Let's say you have an issue with one of them, any type of issue from flickering to not dimming or something. When you go back, are you going to be able to charge them your full rate for the added time? Will you feel comfortable doing that? Or will the customer hate you for charging him to go back and not use you again?


----------



## kharasym

Ya after all being said I talked him out of these. I didn't even hook one up. They are getting returned. 

Sent from my HTC One M9 using Tapatalk


----------



## B-Nabs

Ban monsterled 

Sent from my SM-G920W8 using Tapatalk


----------



## 99cents

I had a customer supply them on a job. They're okay I guess. The JB is mounted on top so you need more clearance than a Lotus light. I get almost zero resistance when i recommend Lotus based on product quality, customer service and the fact that they invented them.


----------



## HackWork

Lithonia are more than fine, IMO. $30 on average. I can get them in 2 days from Amazon, often times they offer free 1 day shipping.


----------



## sbrn33

kharasym said:


> So I quoted a job using my preferred lotus lights for a client. Now he's messaged me asking if I'm familiar with the luminous lights at Costco. $15 for 2 after our provincial rebates.
> 
> Does anyone know firsthand what theses are like?
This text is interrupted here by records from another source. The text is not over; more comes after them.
-- ===== src/Transfers/Safety.antt =====
-- src/ssh/transfer.rs: what a copy that does not complete leaves at its destination.
use ssh_control.Prelude.{
  ℕ, zero, suc, ◌≡◌, ◌≢◌, refl, ◌∙◌, Bytes, length, Bool, true, false, ok, err, panic, Option,
  Bool-cases, inl, inr,
}
use ssh_control.Errors.{Result, AppError}
use ssh_control.Calls.{Call, on_result, lift, caught}
use ssh_control.Transfers.{
  Direction, upload, download, TransferItem, TransferEvent, Ends, add_u64, progress,
}
use ssh_control.Transfers.Copy.{
  Copying, on_world, is_empty, report, cancelled_at, upload_loop, upload_file, download_loop,
  download_file, cleanup, make_room, put_in_place, transfer, settle, part_of, copy_file,
}

-- What the calls of one copy do to the file at the destination, which `look` reads: the calls on the
-- part file and on the source do not touch it, and a rename that fails leaves it.
pub record IsApart {W Handle File : Type 0} (ends : Ends W Handle File) (look : W → Option Bytes)
    (src dst part : Bytes) : Type 1 where
  pub IsPartHandle : Handle → Type 0
  pub IsPartFile : File → Type 0
  pub local_open : (w : W) → look (ends.local_open src w).0 ≡ look w
  pub local_read : (f : File) (w : W) → look (ends.local_read f w).0 ≡ look w
  pub open_read : (w : W) → look (ends.open_read src w).0 ≡ look w
  pub read_chunk : (h : Handle) (at : ℕ) (w : W) → look (ends.read_chunk h at w).0 ≡ look w
  pub close : (h : Handle) (w : W) → look (ends.close h w).0 ≡ look w
  pub on_event : (e : TransferEvent) (w : W) → look (ends.on_event e w).0 ≡ look w
  pub open_write : (w : W) → look (ends.open_write part w).0 ≡ look w
  pub opened : (w : W) (h : Handle) → (ends.open_write part w).1 ≡ ok h → IsPartHandle h
  pub write_chunk :
      (h : Handle) (at : ℕ) (b : Bytes) (w : W)
      → IsPartHandle h
      → look (ends.write_chunk h at b w).0 ≡ look w
  pub remove : (w : W) → look (ends.remove part w).0 ≡ look w
  pub rename_fails :
      (w : W) (e : AppError)
      → (ends.rename part dst w).1 ≡ err e
      → look (ends.rename part dst w).0 ≡ look w
  pub local_create : (w : W) → look (ends.local_create part w).0 ≡ look w
  pub created : (w : W) (f : File) → (ends.local_create part w).1 ≡ ok f → IsPartFile f
  pub local_write_all :
      (f : File) (b : Bytes) (w : W) → IsPartFile f → look (ends.local_write_all f b w).0 ≡ look w
  pub local_flush : (f : File) (w : W) → look (ends.local_flush f w).0 ≡ look w
  pub local_remove : (w : W) → look (ends.local_remove part w).0 ≡ look w
  pub rename_total : (w : W) → (ends.rename part dst w).1 ≢ panic
  pub local_rename_total : (w : W) → (ends.local_rename part dst w).1 ≢ panic
  pub local_rename_fails :
      (w : W) (e : AppError)
      → (ends.local_rename part dst w).1 ≡ err e
      → look (ends.local_rename part dst w).0 ≡ look w

module _ {W Handle File : Type 0} (ends : Ends W Handle File) (look : W → Option Bytes)
    {src dst part : Bytes} (apart : IsApart ends look src dst part) where
  abbrev Same : {A : Type 0} → Copying W → Copying W × A → Type 0
  Same s r = look r.0.world ≡ look s.world

  bind-Same :
      {A B : Type 0} (s : Copying W) (r : Copying W × Result A) (f : A → Call (Copying W) B)
      → Same s r
      → ((a : A) → r.1 ≡ ok a → Same r.0 (f a r.0))
      → Same s (on_result r f)
  bind-Same s (t, ok a) f h k = k a refl ∙ h
  bind-Same s (t, err e) f h k = h
  bind-Same s (t, panic) f h k = h

  -- A caught call hands its state on.
  caught-Same :
      {A B : Type 0} (s t : Copying W) (r : Result A) (f : Result A → Call (Copying W) B)
      → look t.world ≡ look s.world
      → ((a : Result A) → Same t (f a t))
      → Same s (on_result (t, caught r) f)
  caught-Same s t (ok a) f h k = k (ok a) ∙ h
  caught-Same s t (err e) f h k = k (err e) ∙ h
  caught-Same s t panic f h k = h

  cancelled_at-Same : (h : Handle) (s : Copying W) → Same s (cancelled_at ends h s)
  unfolding cancelled_at
  cancelled_at-Same h s =
      let r = ends.close h s.world in
      caught-Same s (record s { world = r.0 }) r.1 (λ _. lift (ok false)) (apart.close h s.world)
        λ _. refl

  report-Same : (n : ℕ) (s : Copying W) → Same s (report ends n s)
  unfolding report
  report-Same n s = apart.on_event (progress (add_u64 s.done_bytes n)) s.world

  upload_loop-Same :
      (fuel : ℕ) (f : File) (h : Handle) (offset : ℕ) (s : Copying W)
      → apart.IsPartHandle h
      → Same s (upload_loop ends fuel f h offset s)
  unfolding upload_loop
  upload_loop-Same zero f h offset s p = refl
  upload_loop-Same (suc fuel) f h offset s p =
      bind-Same s (on_world (ends.local_read f) s) _ (apart.local_read f s.world) λ buf e.
        let s = (on_world (ends.local_read f) s).0 in
        elim (Bool-cases (is_empty buf)) [
          | inl done ↦
              rw done
                (bind-Same s (on_world (ends.close h) s) _ (apart.close h s.world) λ _ _. refl)
          | inr more ↦ rw more (
              bind-Same s (on_world (ends.write_chunk h offset buf) s) _
                (apart.write_chunk h offset buf s.world p)
                λ _ _.
                  let s = (on_world (ends.write_chunk h offset buf) s).0 in
                  bind-Same s (report ends (length buf) s) _ (report-Same (length buf) s) λ stop _.
                    let s = (report ends (length buf) s).0 in
                    elim (Bool-cases stop) [
                      | inl stopped ↦ rw stopped (cancelled_at-Same h s)
                      | inr on ↦ rw on (upload_loop-Same fuel f h (add_u64 offset (length buf)) s p)
                    ])
        ]

  download_loop-Same :
      (fuel : ℕ) (h : Handle) (f : File) (offset : ℕ) (s : Copying W)
      → apart.IsPartFile f
      → Same s (download_loop ends fuel h f offset s)
  unfolding download_loop
  download_loop-Same zero h f offset s p = refl
  download_loop-Same (suc fuel) h f offset s p =
      bind-Same s (on_world (ends.read_chunk h offset) s) _ (apart.read_chunk h offset s.world)
        λ buf e.
          let s = (on_world (ends.read_chunk h offset) s).0 in
          elim (Bool-cases (is_empty buf)) [
            | inl done ↦ rw done (
                bind-Same s (on_world (ends.local_flush f) s) _ (apart.local_flush f s.world) λ _ _.
                  let s = (on_world (ends.local_flush f) s).0 in
                  bind-Same s (on_world (ends.close h) s) _ (apart.close h s.world) λ _ _. refl)
            | inr more ↦ rw more (
                bind-Same s (on_world (ends.local_write_all f buf) s) _
                  (apart.local_write_all f buf s.world p)
                  λ _ _.
                    let s = (on_world (ends.local_write_all f buf) s).0 in
                    bind-Same s (report ends (length buf) s) _ (report-Same (length buf) s)
                      λ stop _.
                        let s = (report ends (length buf) s).0 in
                        elim (Bool-cases stop) [
                          | inl stopped ↦ rw stopped (cancelled_at-Same h s)
                          | inr on ↦
                              rw on (download_loop-Same fuel h f (add_u64 offset (length buf)) s p)
                        ])
          ]

  transfer-Same :
      (fuel : ℕ) (direction : Direction) (item : TransferItem) (s : Copying W)
      → item.src ≡ src
      → Same s (transfer ends fuel direction item part s)
  unfolding transfer upload_file download_file
  transfer-Same fuel upload item s from_src = rw from_src (
      bind-Same s (on_world (ends.local_open src) s) _ (apart.local_open s.world) λ f _.
        let s = (on_world (ends.local_open src) s).0 in
        bind-Same s (on_world (ends.open_write part) s) _ (apart.open_write s.world) λ h e.
          upload_loop-Same fuel f h 0 (on_world (ends.open_write part) s).0
            (apart.opened s.world h e))
  transfer-Same fuel download item s from_src = rw from_src (
      bind-Same s (on_world (ends.open_read src) s) _ (apart.open_read s.world) λ h _.
        let s = (on_world (ends.open_read src) s).0 in
        bind-Same s (on_world (ends.local_create part) s) _ (apart.local_create s.world) λ f e.
          download_loop-Same fuel h f 0 (on_world (ends.local_create part) s).0
            (apart.created s.world f e))

  cleanup-Same : (direction : Direction) (s : Copying W) → Same s (cleanup ends direction part s)
  unfolding cleanup
  cleanup-Same upload s =
      let r = ends.remove part s.world in
      caught-Same s (record s { world = r.0 }) r.1 (λ _. lift (ok tt)) (apart.remove s.world)
        λ _. refl
  cleanup-Same download s =
      let r = ends.local_remove part s.world in
      caught-Same s (record s { world = r.0 }) r.1 (λ _. lift (ok tt)) (apart.local_remove s.world)
        λ _. refl

  -- A rename that succeeds ends in `ok true`; where it does not, it has failed.
  placed-Same :
      (s : Copying W) (r : W × Result (Unit {0}))
      → ((e : AppError) → r.1 ≡ err e → look r.0 ≡ look s.world)
      → r.1 ≢ panic
      → (on_result {B = Bool} (record s { world = r.0 }, r.1) (λ _. lift (ok true))).1 ≢ ok true
      → Same s (on_result {B = Bool} (record s { world = r.0 }, r.1) (λ _. lift (ok true)))
  placed-Same s (w, ok done) h total k = absurd (k refl)
  placed-Same s (w, err e) h total k = h e refl
  placed-Same s (w, panic) h total k = absurd (total refl)

-- The upload would remove an old file first; every other copy finds its destination free of that.
abbrev pub IsFresh : Direction → TransferItem → Type 0
IsFresh upload item = item.exists ≡ false
IsFresh download item = Unit {0}

module _ {W Handle File : Type 0} (ends : Ends W Handle File) (look : W → Option Bytes)
    (item : TransferItem) (apart : IsApart ends look item.src item.dst (part_of item)) where
  put_in_place-Same :
      (direction : Direction) (s : Copying W)
      → IsFresh direction item
      → (put_in_place ends direction item (part_of item) s).1 ≢ ok true
      → Same ends look apart s (put_in_place ends direction item (part_of item) s)
  unfolding put_in_place make_room
  put_in_place-Same upload s fresh k = rw fresh (
      placed-Same ends look apart s (ends.rename (part_of item) item.dst s.world)
        (apart.rename_fails s.world) (apart.rename_total s.world) (rw fresh at k))
  put_in_place-Same download s fresh k =
      placed-Same ends look apart s (ends.local_rename (part_of item) item.dst s.world)
        (apart.local_rename_fails s.world) (apart.local_rename_total s.world) k

  settle-Same :
      (direction : Direction) (r : Result Bool) (s : Copying W)
      → IsFresh direction item
      → (settle ends direction item (part_of item) r s).1 ≢ ok true
      → Same ends look apart s (settle ends direction item (part_of item) r s)
  unfolding settle
  settle-Same direction (ok true) s fresh k = put_in_place-Same direction s fresh k
  settle-Same direction (ok false) s fresh k =
      bind-Same ends look apart s (cleanup ends direction (part_of item) s) _
        (cleanup-Same ends look apart direction s) λ _ _. refl
  settle-Same direction (err e) s fresh k =
      bind-Same ends look apart s (cleanup ends direction (part_of item) s) _
        (cleanup-Same ends look apart direction s) λ _ _. refl
  settle-Same direction panic s fresh k = refl

-- A copy that does not come back with `Ok(true)`, by an error at any point or by a cancel, leaves the
-- file at its destination as it was, where an upload has nothing to remove there first.
pub copy_file-destination :
    {W Handle File : Type 0} (ends : Ends W Handle File) (look : W → Option Bytes)
    (item : TransferItem) (apart : IsApart ends look item.src item.dst (part_of item)) (fuel : ℕ)
    (direction : Direction) (s : Copying W)
    → IsFresh direction item
    → (copy_file ends fuel direction item s).1 ≢ ok true
    → look (copy_file ends fuel direction item s).0.world ≡ look s.world
unfolding copy_file
copy_file-destination ends look item apart fuel direction s fresh k =
    let r = transfer ends fuel direction item (part_of item) s in
    settle-Same ends look item apart direction r.1 r.0 fresh k
    ∙ transfer-Same ends look apart fuel direction item s refl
Quality, appearance, light output, ease of install, etc. ?
> View attachment 106393
> 
> 
> 
> 
> 
> 
> 
> 
> 
> Sent from my HTC One M9 using Tapatalk


Are lighting up a shower?


----------



## lighterup

kharasym said:


> Any reason in particular why not to? They look OK. Lots of plastic instead of metal. I've yet to try one on a dimmer though.
> 
> Sent from my HTC One M9 using Tapatalk


Do they say dimmable and if so is the dimmer 
your providing compatible with the Costco product?


----------



## 99cents

lighterup said:


> Do they say dimmable and if so is the dimmer
> your providing compatible with the Costco product?


I put them on a Skylark no problem. They say they're dimmable.


----------



## Going_Commando

monsterled said:


> Low prices , means cheap quality . We carry echo line below $15 and premium high quality (like lotus /liteline). There are many low prices on the market , question is quality , who long will they last , will be the company be in business if they offer over 3 year warranty. Costco known for cheap prices, quality ? even if there policy is return, hassle to go thru defective units , need to be un installed , replace by electrcian. 99% time i know that drivers fail , due to bad quality .
> 
> check out monsteredlites.com



I can't wait until you are banned. Stop bumping old threads, and learn how to write in proper English.
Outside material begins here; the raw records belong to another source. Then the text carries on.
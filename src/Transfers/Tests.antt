-- ===== src/Transfers/Tests.antt =====
-- src/ssh/transfer.rs: runs between two ends in memory, and the theorems at them.
use ssh_control.Prelude.{
  ℕ, ◌+◌, ◌≤◌, ◌≡◌, ◌≢◌, refl, sym, ◌∙◌, Bytes, List, [], ◌∷◌, ◌++◌, length, take, drop,
  take-append-drop, Bool, true, false, Option, some, none, ok, err, panic, codes, bytes_eq,
  bytes_eq_refl, if◌then◌else◌, arith, inl, inr, Bool-cases,
}
use ssh_control.Errors.{Result, AppError, io, other}
use ssh_control.Sftp.Wire.{Attrs}
use ssh_control.Sftp.Wire.FileKind.{dir, file}
use ssh_control.Sftp.Client.{RemoteEntry}
use ssh_control.Transfers.{
  upload, download, TransferItem, TransferPlan, Ends, meta_file, file_count, planned_bytes,
}
use ssh_control.Transfers.Walk.{make_plan, file_item, dir_item}
use ssh_control.Transfers.Copy.{
  Copying, part_of, copy_file, transfer, upload_file, upload_loop, settle, put_in_place, make_room,
}
use ssh_control.Transfers.Runs.{Running, run}
use ssh_control.Transfers.Accounts.{failed}
use ssh_control.Transfers.Accounts.Totals.{run-bounds}
use ssh_control.Transfers.Parents.{IsOrdered}
use ssh_control.Transfers.Parents.Walks.{make_plan-IsOrdered, IsSelected, IsChild}
use ssh_control.Transfers.Safety.{IsApart, copy_file-destination}
use ssh_control.Transfers.Content.{IsNext, IsStore, IsTotal, Ending, copy_file-Ending}

-- The files of both ends by their paths, and whether the server renames.
record Toy : Type 0 where
  far : Bytes → Option Bytes
  near : Bytes → Option Bytes
  renames : Bool

abbrev put : Bytes → Option Bytes → (Bytes → Option Bytes) → Bytes → Option Bytes
put p v files q = if bytes_eq q p then v else files q

abbrev append_to : Option Bytes → Bytes → Option Bytes
append_to none b = none
append_to (some old) b = some (old ++ b)

-- The one remote file that is served, in chunks of two bytes.
abbrev served : Bytes
served = codes "hello"

abbrev no_attrs : Attrs
no_attrs = record { size = some 5; permissions = none; mtime = none }

abbrev hello_entry : RemoteEntry
hello_entry = record { name = codes "h"; kind = file; size = 5; mtime = none }

abbrev sub_entry : RemoteEntry
sub_entry = record { name = codes "s"; kind = dir; size = 0; mtime = none }

-- `/r` contains `h` and `s`; every other directory cannot be listed.
abbrev toy_listing : Bytes → Result (List RemoteEntry)
toy_listing p =
    if bytes_eq p (codes "/r") then ok (hello_entry ∷ sub_entry ∷ []) else err (io other)

abbrev toy : Ends Toy Bytes Bytes
toy = record {
  stat = λ p w. (w, ok no_attrs);
  try_stat = λ p w. (w, ok none);
  list_dir = λ p w. (w, toy_listing p);
  mkdir = λ p w. (w, ok tt);
  remove = λ p w. (record w { far = put p none w.far }, ok tt);
  rename = λ p q w.
      if w.renames
      then (record w { far = put q (w.far p) (put p none w.far) }, ok tt)
      else (w, err (io other));
  open_read = λ p w. (w, ok p);
  open_write = λ p w. (record w { far = put p (some []) w.far }, ok p);
  read_chunk = λ h offset w. (w, ok (take 2 (drop offset served)));
  write_chunk = λ h offset b w. (record w { far = put h (append_to (w.far h) b) w.far }, ok tt);
  close = λ h w. (w, ok tt);
  local_len = λ p w. (w, ok 5);
  symlink_metadata = λ p w. (w, ok (meta_file 5));
  read_dir = λ p w. (w, ok []);
  local_exists = λ p w. false;
  local_is_dir = λ p w. false;
  create_dir_all = λ p w. (w, ok tt);
  local_open = λ p w. (w, ok p);
  local_create = λ p w. (record w { near = put p (some []) w.near }, ok p);
  local_read = λ f w. (w, ok []);
  local_write_all = λ f b w. (record w { near = put f (append_to (w.near f) b) w.near }, ok tt);
  local_flush = λ f w. (w, ok tt);
  local_rename = λ p q w. (record w { near = put q (w.near p) (put p none w.near) }, ok tt);
  local_remove = λ p w. (record w { near = put p none w.near }, ok tt);
  local_join = λ d n. d ++ n;
  on_event = λ e w. (w, false);
}

abbrev toy_files : Toy
toy_files = record {
  far = put (codes "d") (some (codes "old")) (λ p. none);
  near = λ p. none;
  renames = false;
}

abbrev start : Copying Toy
start = record { world = toy_files; done_bytes = 0 }

abbrev item : TransferItem
item = file_item (codes "a") (codes "d") 5 false

abbrev look_near : Toy → Option Bytes
look_near w = w.near (codes "d")

abbrev look_far : Toy → Option Bytes
look_far w = w.far (codes "d")

take_two : (xs : Bytes) → take 2 xs ≡ [] → drop 2 xs ≡ []
take_two [] h = refl
take_two (x ∷ xs) h = absurd (cc)

put_same : (p : Bytes) (v : Option Bytes) (files : Bytes → Option Bytes) → put p v files p ≡ v
put_same p v files = rw (bytes_eq_refl p) refl

abbrev toy_next :
    (offset : ℕ) (b : Bytes) → take 2 (drop offset served) ≡ b → IsNext served offset b
toy_next offset b e = record {
  rest = drop 2 (drop offset served);
  next = rw (sym e) (sym (take-append-drop 2 (drop offset served)));
  at_end = λ none_left. take_two (drop offset served) (e ∙ none_left);
}

toy-IsStore :
    IsStore toy (λ w. w.near (part_of item)) look_near (codes "a") (codes "d") (part_of item) served
unfolding bytes_eq
toy-IsStore = record {
  IsSource = λ h. Unit {0};
  IsPart = λ f. f ≡ part_of item;
  opened = λ w h e. tt;
  read = λ h offset w b s e. toy_next offset b (cc);
  read_keeps = λ h offset w. refl;
  created = λ w f e. cc;
  create_empties = λ w f e. refl;
  write_appends = λ f b w old is_part e here. rw is_part (rw here refl);
  flush_keeps = λ f w. refl;
  close_keeps = λ h w. refl;
  event_keeps = λ e w. refl;
  rename_moves = λ w e. refl;
}

toy-IsTotal : IsTotal toy
toy-IsTotal = record {
  open_read = λ p w e. cc;
  read_chunk = λ h offset w e. cc;
  close = λ h w e. cc;
  local_create = λ p w e. cc;
  local_write_all = λ f b w e. cc;
  local_flush = λ f w e. cc;
  local_rename = λ p q w e. cc;
  local_remove = λ p w e. cc;
}

copy_file-Ending_example : Ending look_near served (copy_file toy 6 download item start)
copy_file-Ending_example =
    copy_file-Ending toy (λ w. w.near (part_of item)) look_near item toy-IsStore toy-IsTotal 6 start
      (omega arith) (omega arith)

toy-IsApart : IsApart toy look_far (codes "a") (codes "d") (part_of item)
unfolding bytes_eq
toy-IsApart = record {
  IsPartHandle = λ h. h ≡ part_of item;
  IsPartFile = λ f. Unit {0};
  local_open = λ w. refl;
  local_read = λ f w. refl;
  open_read = λ w. refl;
  read_chunk = λ h offset w. refl;
  close = λ h w. refl;
  on_event = λ e w. refl;
  open_write = λ w. refl;
  opened = λ w h e. cc;
  write_chunk = λ h offset b w is_part. rw is_part refl;
  remove = λ w. refl;
  rename_fails = λ w e failed. kept w failed;
  rename_total = λ w e. never w e;
  local_create = λ w. refl;
  created = λ w f e. tt;
  local_write_all = λ f b w p. refl;
  local_flush = λ f w. refl;
  local_remove = λ w. refl;
  local_rename_fails = λ w e failed. refl;
  local_rename_total = λ w e. cc;
}
  where
    kept :
        (w : Toy) {e : AppError}
        → (toy.rename (part_of item) (codes "d") w).1 ≡ err e
        → look_far (toy.rename (part_of item) (codes "d") w).0 ≡ look_far w
    kept w h = elim (Bool-cases w.renames) [
      | inl on ↦ let done = rw on at h in absurd (cc)
      | inr off ↦ rw off refl
    ]

    never : (w : Toy) → (toy.rename (part_of item) (codes "d") w).1 ≢ panic
    never w h = elim (Bool-cases w.renames) [
      | inl on ↦ let done = rw on at h in absurd (cc)
      | inr off ↦ let done = rw off at h in absurd (cc)
    ]

refused : (copy_file toy 6 upload item start).1 ≡ err (io other)
unfolding copy_file transfer upload_file upload_loop settle put_in_place make_room
refused = refl

copy_file-destination_example :
    look_far (copy_file toy 6 upload item start).0.world ≡ look_far toy_files
copy_file-destination_example =
    copy_file-destination toy look_far item toy-IsApart 6 upload start refl
      (λ e. let r = refused in cc)

-- Where the plan says that the destination exists, a rename that the server refuses leaves neither the
-- old file nor the new one there, and the part file stays.
lost :
    let t = (copy_file toy 6 upload (file_item (codes "a") (codes "d") 5 true) start).0.world in
    (t.far (codes "d") ≡ none) × (t.far (codes "d.part") ≡ some [])
unfolding copy_file transfer upload_file upload_loop settle put_in_place make_room bytes_eq
lost = (refl, refl)

abbrev two_items : TransferPlan
two_items = record { items = dir_item (codes "/r") (codes "/x") ∷ item ∷ []; total_bytes = 5 }

run-bounds_example :
    let t = (run toy 6 download two_items toy_files).0.summary in
    (t.files ≤ file_count two_items)
    × ((t.bytes ≤ planned_bytes two_items)
        × (t.files + failed t + t.skipped ≤ length two_items.items))
run-bounds_example = run-bounds toy 6 download two_items toy_files (omega arith)

abbrev finished : Running Toy
finished = (run toy 6 download two_items toy_files).0

make_plan-IsOrdered_example :
    IsOrdered
      (IsSelected toy download (codes "/x/") ((codes "/r", true) ∷ []))
      (IsChild toy download)
      (make_plan toy 9 download ((codes "/r", true) ∷ []) (codes "/x/") toy_files).0.plan.items
make_plan-IsOrdered_example =
    make_plan-IsOrdered toy 9 download ((codes "/r", true) ∷ []) (codes "/x/") toy_files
ETA: Forgot to quote Monsterled. I am working on fixing that now, lol.


----------



## nestoribili

*LED luminaries*

I bought one pair of those Luminus PLT024T2 T8 substitution tubes at Cotsco some months ago. They are not dimmable and are meant to be used with an electronic (ultrasonic) ballast as there is nothing inside but the LEDs. Then if the ballast fails they may be damaged or stop working on the best case scenario.
As I pointed out I am a Costco customer for almost 10 years. On average Costco products are first quality, but their return policy is superb.
Both are working without trouble in my workshop. Better light output than fluorescents.


----------



## qwertyjjj

The reason customers get their own stuff is it costs an arm and a leg in labour and then you want to charge your own materials plus a percentage.
No wonder.
All the talk about warranty is a bit shaft the, I mean yes stuff breaks but it's like insurance on electronics. Not worth buying it.


----------



## HackWork

qwertyjjj said:


> The reason customers get their own stuff is it costs an arm and a leg in labour and then you want to charge your own materials plus a percentage.
> No wonder.
> All the talk about warranty is a bit shaft the, I mean yes stuff breaks but it's like insurance on electronics. Not worth buying it.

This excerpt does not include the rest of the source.